# ONR, first time and impressed but have questions...



## stolt (Aug 29, 2011)

My main concern was how much quicker it was going to be, I think it was quicker and perhaps slightly easier and more fun, really will take me a while to get use to a sponge and spraying water on my car then wiping it, i'm not 100% convinced.

perhaps a couple of questions and some pics to follow.

I used a 2litre pump sprayer for the pre wash and put a cap full of ONR in it. This managed to do the whole of the car apart from the wheels. In the bucket i used 8 litres and mixed two cap fulls in that. Once grouting sponge and used the same drying cloth as i used on my other two bucket methods, i did buy some MF's but didnt use them

Both cars really weren't that dirty anyway and are wearing wax at the mo. which brings me onto my first issue, when using the pre spray it just beaded and kind of stuck to the bodywork without running, when using more i could see some dirty run lines so it was definatley collecting the dirt, but rather than running off the car it was still on the paintwork. Perhaps i need to use more spray? 
Next week when i try it timewise i reckon now im all setup and running i should be quicker. I reckon i could even clean the car in the garage next time with hardly any water used.

it was useless on brakedust, and had to resort to my usual wheel cleaner spray then bought another sponge and used the leftover water n the bucket from the car and this worked.

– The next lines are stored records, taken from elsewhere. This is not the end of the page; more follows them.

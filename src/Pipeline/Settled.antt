-- ===== src/Pipeline/Settled.antt =====
-- Every provisional text that a pipeline streams is committed or retracted, once.
pub mod Steps
pub mod Run
use helve.Base.{
  ℕ, zero, suc, ◌+◌, ◌≡◌, refl, sym, ap, ◌∙◌, String, Bool, true, false, ◌&&◌, not, Option, none,
  some, List, [], ◌∷◌, ◌++◌, if◌then◌else◌, Text, codes, arith, Bool-cases, Option-cases, inl, inr,
  subst, ◌==◌, ltb, get_elem?,
}
use helve.Base.Dict.{get}
use helve.Pipeline.{
  Node, Chain, GateResult, coerce_gate_result, Fallback, NodeResult, StreamEvent, text_delta,
  raw_response, tool_call_result, Event, provisional_delta, commit, retract, World, Machine, Ending,
  Point, outer, inner, Stage, goes_on, returned, crashed, emit, Cause,
}

-- A reader of the events: the text of execution `next` may be open, and all before it are settled.
pub data Scan : Type 0 where
  bad : Scan
  at : (is_open : Bool) → (next : ℕ) → Scan

abbrev pub on_delta : ℕ → Scan → Scan
on_delta p bad = bad
on_delta p (at o n) = if p == n then at true n else bad

abbrev pub on_settle : ℕ → Scan → Scan
on_settle p bad = bad
on_settle p (at o n) = if p == n then at false (suc n) else bad

abbrev pub scan_one : Event → Scan → Scan
scan_one (provisional_delta p t) s = on_delta p s
scan_one (commit p) s = on_settle p s
scan_one (retract p c) s = on_settle p s
scan_one _ s = s

unfoldable pub scan : List Event → Scan → Scan
scan [] s = s
scan (e ∷ events) s = scan events (scan_one e s)

pub scan-append : (xs ys : List Event) (s : Scan) → scan (xs ++ ys) s ≡ scan ys (scan xs s)
unfolding scan
scan-append [] ys s = refl
scan-append (x ∷ xs) ys s = scan-append xs ys (scan_one x s)

-- Each execution so far is settled, and none is open.
abbrev pub Settled : Machine → Type 0
Settled m = scan m.events (at false 0) ≡ at false m.serial

-- The execution p is the last one, and not settled yet.
abbrev pub Open : ℕ → Bool → Machine → Type 0
Open p o m = (scan m.events (at false 0) ≡ at o p) × (m.serial ≡ suc p)

abbrev pub SettledStage : Stage → Type 0
SettledStage (goes_on point m) = Settled m
SettledStage (returned ending m) = Settled m
SettledStage (crashed m) = Settled m

abbrev pub Quiet : List Event → Type 0
Quiet es = (s : Scan) → scan es s ≡ s

pub emit-Settled : (es : List Event) (m : Machine) → Quiet es → Settled m → Settled (emit es m)
emit-Settled es m q h =
    ground (arith, scan-append m.events es (at false 0), q (at false m.serial), h)

pub emit-Open :
    (es : List Event) (m : Machine) (p : ℕ) (o : Bool)
    → Quiet es
    → Open p o m
    → Open p o (emit es m)
emit-Open es m p o q (h, k) =
    (ground (arith, scan-append m.events es (at false 0), q (at o p), h), k)

pub retract-Settled :
    (es : List Event) (m : Machine) (p : ℕ) (c : Cause) (o : Bool)
    → Quiet es
    → Open p o m
    → Settled (emit (retract p c ∷ es) m)
unfolding scan
retract-Settled es m p c o q (h, k) =
    ground (arith, scan-append m.events (retract p c ∷ es) (at false 0), q (at false (suc p)), h, k)

pub commit-Settled :
    (es : List Event) (m : Machine) (p : ℕ) (o : Bool)
    → Quiet es
    → Open p o m
    → Settled (emit (commit p ∷ es) m)
unfolding scan
commit-Settled es m p o q (h, k) =
    ground (arith, scan-append m.events (commit p ∷ es) (at false 0), q (at false (suc p)), h, k)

The water in the bucket from the car was very dirty, i left it a good 5 mins to dwell on the paintwork before touching it, i certainly need to keep telling myself that i need very fine pressure with the sponge...

car came up nice and its certainly not as messy as previous method.


----------



## stolt (Aug 29, 2011)

another question, on the wipe down should you use a pre soaked MF rather than a completely dry one?


----------



## james_death (Aug 9, 2010)

Beading normal, the main thing is hitting the whole panel namely the solution covers the panel and you will get beading as water clumps together.

The ONR GURU will advice lowiepete that is, but a slightly damp micro towel would be better than a dry one, any slight film should flash off.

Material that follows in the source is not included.